__Problem description__
Find every line in the records below that contains the word "returned", and copy each such line.

☆ ☆ ☆ ☆ ☆ ☆ ☆

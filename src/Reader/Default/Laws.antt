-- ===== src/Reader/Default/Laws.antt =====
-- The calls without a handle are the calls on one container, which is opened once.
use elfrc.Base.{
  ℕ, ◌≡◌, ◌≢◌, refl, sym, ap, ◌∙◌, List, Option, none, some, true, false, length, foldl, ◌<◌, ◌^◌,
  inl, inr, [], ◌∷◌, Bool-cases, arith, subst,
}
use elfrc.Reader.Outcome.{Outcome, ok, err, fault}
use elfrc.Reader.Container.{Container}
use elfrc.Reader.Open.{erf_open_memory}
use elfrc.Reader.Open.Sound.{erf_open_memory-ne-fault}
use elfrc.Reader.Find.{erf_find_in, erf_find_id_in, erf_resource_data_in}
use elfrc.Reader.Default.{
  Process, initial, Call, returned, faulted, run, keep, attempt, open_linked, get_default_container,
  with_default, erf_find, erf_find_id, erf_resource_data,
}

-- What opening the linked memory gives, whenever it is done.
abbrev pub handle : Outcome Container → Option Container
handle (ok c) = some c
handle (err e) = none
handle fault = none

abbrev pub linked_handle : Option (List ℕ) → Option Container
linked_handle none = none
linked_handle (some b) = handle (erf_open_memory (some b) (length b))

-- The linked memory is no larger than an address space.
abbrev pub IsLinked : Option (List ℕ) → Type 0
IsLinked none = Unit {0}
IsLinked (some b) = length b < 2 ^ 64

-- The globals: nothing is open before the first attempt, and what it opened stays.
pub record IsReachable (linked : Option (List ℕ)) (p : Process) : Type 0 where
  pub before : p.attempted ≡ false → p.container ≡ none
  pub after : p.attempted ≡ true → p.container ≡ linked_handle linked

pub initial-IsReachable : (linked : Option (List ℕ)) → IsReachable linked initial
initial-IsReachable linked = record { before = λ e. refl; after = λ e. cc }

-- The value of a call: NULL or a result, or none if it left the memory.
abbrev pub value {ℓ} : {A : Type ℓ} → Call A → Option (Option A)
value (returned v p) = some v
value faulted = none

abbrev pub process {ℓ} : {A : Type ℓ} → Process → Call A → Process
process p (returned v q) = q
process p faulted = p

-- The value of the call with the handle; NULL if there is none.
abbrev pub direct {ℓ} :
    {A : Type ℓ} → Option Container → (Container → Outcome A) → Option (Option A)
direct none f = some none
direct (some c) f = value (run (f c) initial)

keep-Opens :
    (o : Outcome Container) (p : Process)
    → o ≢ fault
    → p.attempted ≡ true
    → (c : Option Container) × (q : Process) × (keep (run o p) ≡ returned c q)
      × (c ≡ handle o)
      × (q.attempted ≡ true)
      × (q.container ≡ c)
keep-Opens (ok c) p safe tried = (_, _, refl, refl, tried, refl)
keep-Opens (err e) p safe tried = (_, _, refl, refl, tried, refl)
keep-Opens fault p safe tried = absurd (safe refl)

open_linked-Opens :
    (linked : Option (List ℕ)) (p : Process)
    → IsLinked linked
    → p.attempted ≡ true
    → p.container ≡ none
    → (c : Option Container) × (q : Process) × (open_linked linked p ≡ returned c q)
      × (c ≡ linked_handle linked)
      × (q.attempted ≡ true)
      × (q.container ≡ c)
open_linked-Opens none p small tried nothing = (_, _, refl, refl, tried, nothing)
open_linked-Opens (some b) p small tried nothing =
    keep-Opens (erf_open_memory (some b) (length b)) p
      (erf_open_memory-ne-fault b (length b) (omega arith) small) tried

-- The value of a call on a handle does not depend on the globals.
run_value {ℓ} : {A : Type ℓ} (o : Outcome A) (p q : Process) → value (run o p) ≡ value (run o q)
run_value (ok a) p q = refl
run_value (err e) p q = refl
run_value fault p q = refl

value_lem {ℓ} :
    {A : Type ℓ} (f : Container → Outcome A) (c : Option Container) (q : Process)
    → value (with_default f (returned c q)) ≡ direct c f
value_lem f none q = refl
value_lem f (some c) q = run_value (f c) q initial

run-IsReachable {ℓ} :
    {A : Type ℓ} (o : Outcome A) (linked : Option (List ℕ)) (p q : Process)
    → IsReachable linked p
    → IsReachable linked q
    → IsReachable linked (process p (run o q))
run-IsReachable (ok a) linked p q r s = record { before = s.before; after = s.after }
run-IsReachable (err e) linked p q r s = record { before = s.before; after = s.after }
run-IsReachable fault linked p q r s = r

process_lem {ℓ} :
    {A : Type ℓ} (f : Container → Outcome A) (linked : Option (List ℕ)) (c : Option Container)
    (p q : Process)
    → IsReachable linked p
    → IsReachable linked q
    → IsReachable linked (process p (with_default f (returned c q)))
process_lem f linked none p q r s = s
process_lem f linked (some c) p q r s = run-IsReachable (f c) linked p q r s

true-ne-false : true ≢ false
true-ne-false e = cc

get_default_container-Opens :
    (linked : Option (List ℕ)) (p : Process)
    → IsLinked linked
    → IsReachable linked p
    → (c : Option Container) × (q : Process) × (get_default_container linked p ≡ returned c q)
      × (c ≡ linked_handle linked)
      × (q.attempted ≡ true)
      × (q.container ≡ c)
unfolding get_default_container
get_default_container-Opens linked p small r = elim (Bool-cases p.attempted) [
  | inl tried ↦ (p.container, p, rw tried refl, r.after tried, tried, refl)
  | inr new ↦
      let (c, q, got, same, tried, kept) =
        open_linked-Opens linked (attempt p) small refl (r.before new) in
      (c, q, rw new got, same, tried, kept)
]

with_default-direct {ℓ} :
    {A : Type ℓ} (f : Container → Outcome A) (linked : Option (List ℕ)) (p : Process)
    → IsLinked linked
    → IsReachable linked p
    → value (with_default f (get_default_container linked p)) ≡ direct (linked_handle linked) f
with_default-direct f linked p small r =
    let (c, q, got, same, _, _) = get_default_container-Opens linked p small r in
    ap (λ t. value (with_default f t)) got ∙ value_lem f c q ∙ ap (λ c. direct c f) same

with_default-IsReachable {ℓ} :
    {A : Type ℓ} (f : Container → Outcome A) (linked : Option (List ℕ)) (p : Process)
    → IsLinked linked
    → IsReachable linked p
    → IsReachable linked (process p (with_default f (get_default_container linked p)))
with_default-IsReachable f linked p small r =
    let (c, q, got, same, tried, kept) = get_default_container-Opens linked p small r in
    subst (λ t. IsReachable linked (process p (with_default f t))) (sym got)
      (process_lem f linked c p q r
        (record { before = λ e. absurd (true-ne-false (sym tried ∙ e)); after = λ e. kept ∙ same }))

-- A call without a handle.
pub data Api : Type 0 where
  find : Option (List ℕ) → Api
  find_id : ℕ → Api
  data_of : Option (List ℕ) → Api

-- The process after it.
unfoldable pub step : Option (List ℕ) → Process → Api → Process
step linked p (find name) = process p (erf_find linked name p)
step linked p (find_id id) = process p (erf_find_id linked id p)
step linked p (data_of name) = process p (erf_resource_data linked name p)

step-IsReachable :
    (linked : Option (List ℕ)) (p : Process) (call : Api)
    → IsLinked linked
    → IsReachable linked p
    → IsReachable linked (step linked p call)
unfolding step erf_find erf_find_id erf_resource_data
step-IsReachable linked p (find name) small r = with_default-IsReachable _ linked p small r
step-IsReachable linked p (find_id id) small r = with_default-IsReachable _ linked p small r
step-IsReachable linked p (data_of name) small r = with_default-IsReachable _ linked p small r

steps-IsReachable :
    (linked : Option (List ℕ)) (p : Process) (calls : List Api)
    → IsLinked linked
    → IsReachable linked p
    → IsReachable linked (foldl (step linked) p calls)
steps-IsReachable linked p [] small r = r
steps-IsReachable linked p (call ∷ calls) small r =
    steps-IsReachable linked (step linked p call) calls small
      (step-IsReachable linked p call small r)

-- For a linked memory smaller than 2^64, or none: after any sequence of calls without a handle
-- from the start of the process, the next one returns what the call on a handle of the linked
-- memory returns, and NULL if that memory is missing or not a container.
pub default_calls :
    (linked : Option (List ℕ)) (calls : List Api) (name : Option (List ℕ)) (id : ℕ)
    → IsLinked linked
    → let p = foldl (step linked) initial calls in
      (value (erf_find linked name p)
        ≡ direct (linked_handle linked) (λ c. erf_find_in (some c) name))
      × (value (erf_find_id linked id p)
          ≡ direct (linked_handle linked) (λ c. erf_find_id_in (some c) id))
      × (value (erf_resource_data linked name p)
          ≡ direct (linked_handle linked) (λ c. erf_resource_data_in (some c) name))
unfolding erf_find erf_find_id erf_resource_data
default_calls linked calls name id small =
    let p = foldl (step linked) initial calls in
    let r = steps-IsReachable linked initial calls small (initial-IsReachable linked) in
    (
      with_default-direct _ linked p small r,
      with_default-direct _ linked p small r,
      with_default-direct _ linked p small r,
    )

☆ ☆ ☆ ☆ ☆ ☆ ☆

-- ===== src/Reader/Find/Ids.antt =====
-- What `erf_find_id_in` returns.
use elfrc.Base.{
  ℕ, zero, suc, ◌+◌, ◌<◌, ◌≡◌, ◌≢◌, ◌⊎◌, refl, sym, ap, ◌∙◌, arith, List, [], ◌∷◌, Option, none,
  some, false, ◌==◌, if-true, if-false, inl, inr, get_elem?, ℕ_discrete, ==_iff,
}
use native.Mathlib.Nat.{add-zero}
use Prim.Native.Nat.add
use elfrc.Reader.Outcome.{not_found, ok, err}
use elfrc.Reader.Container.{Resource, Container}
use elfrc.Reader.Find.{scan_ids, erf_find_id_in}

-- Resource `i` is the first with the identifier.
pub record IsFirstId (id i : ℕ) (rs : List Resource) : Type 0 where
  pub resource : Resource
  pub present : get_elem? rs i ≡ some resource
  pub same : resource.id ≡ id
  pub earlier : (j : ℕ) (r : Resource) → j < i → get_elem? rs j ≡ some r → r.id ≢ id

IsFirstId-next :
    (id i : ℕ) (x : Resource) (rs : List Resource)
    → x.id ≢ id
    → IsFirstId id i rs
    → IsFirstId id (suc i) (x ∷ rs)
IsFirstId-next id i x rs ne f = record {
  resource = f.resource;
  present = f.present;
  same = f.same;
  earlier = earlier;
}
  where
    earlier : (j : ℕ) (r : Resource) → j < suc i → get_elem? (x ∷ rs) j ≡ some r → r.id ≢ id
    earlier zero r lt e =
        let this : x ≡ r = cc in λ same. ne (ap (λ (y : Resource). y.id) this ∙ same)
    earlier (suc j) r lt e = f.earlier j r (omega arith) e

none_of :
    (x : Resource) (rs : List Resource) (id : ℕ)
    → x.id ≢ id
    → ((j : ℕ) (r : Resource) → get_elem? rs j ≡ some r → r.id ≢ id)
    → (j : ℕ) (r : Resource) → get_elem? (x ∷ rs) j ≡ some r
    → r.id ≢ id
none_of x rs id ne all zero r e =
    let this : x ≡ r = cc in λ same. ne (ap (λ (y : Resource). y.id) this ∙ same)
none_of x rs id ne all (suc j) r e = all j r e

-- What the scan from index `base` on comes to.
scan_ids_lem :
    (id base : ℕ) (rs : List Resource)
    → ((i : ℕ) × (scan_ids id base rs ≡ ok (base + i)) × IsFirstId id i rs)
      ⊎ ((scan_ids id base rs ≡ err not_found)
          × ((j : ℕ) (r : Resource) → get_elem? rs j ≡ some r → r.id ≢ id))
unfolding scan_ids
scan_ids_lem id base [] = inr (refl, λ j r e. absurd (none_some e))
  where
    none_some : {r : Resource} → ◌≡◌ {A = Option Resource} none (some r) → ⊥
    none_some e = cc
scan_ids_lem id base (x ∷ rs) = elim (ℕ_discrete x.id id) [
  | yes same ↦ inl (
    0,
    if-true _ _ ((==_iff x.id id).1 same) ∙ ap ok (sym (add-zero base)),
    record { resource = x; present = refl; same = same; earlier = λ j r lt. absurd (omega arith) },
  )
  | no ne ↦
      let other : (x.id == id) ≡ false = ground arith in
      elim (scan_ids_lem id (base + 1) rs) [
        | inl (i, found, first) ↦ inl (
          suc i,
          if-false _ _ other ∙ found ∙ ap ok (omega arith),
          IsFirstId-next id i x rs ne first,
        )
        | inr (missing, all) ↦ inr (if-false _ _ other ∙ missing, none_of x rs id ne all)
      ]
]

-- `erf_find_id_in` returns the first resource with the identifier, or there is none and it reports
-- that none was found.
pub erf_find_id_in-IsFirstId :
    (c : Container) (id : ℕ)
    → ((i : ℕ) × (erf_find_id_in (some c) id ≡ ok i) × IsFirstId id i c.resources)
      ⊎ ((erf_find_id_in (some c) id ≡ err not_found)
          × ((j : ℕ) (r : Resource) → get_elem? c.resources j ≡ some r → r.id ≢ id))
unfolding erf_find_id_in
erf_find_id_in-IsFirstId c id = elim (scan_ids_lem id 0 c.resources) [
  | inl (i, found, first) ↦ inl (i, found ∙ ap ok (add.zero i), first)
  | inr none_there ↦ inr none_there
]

☆ ☆ ☆ ☆ ☆ ☆ ☆

__Expected output__
  Process, initial, Call, returned, faulted, run, keep, attempt, open_linked, get_default_container,
value (returned v p) = some v
process p (returned v q) = q
    → (c : Option Container) × (q : Process) × (keep (run o p) ≡ returned c q)
    → (c : Option Container) × (q : Process) × (open_linked linked p ≡ returned c q)
    → value (with_default f (returned c q)) ≡ direct c f
    → IsReachable linked (process p (with_default f (returned c q)))
    → (c : Option Container) × (q : Process) × (get_default_container linked p ≡ returned c q)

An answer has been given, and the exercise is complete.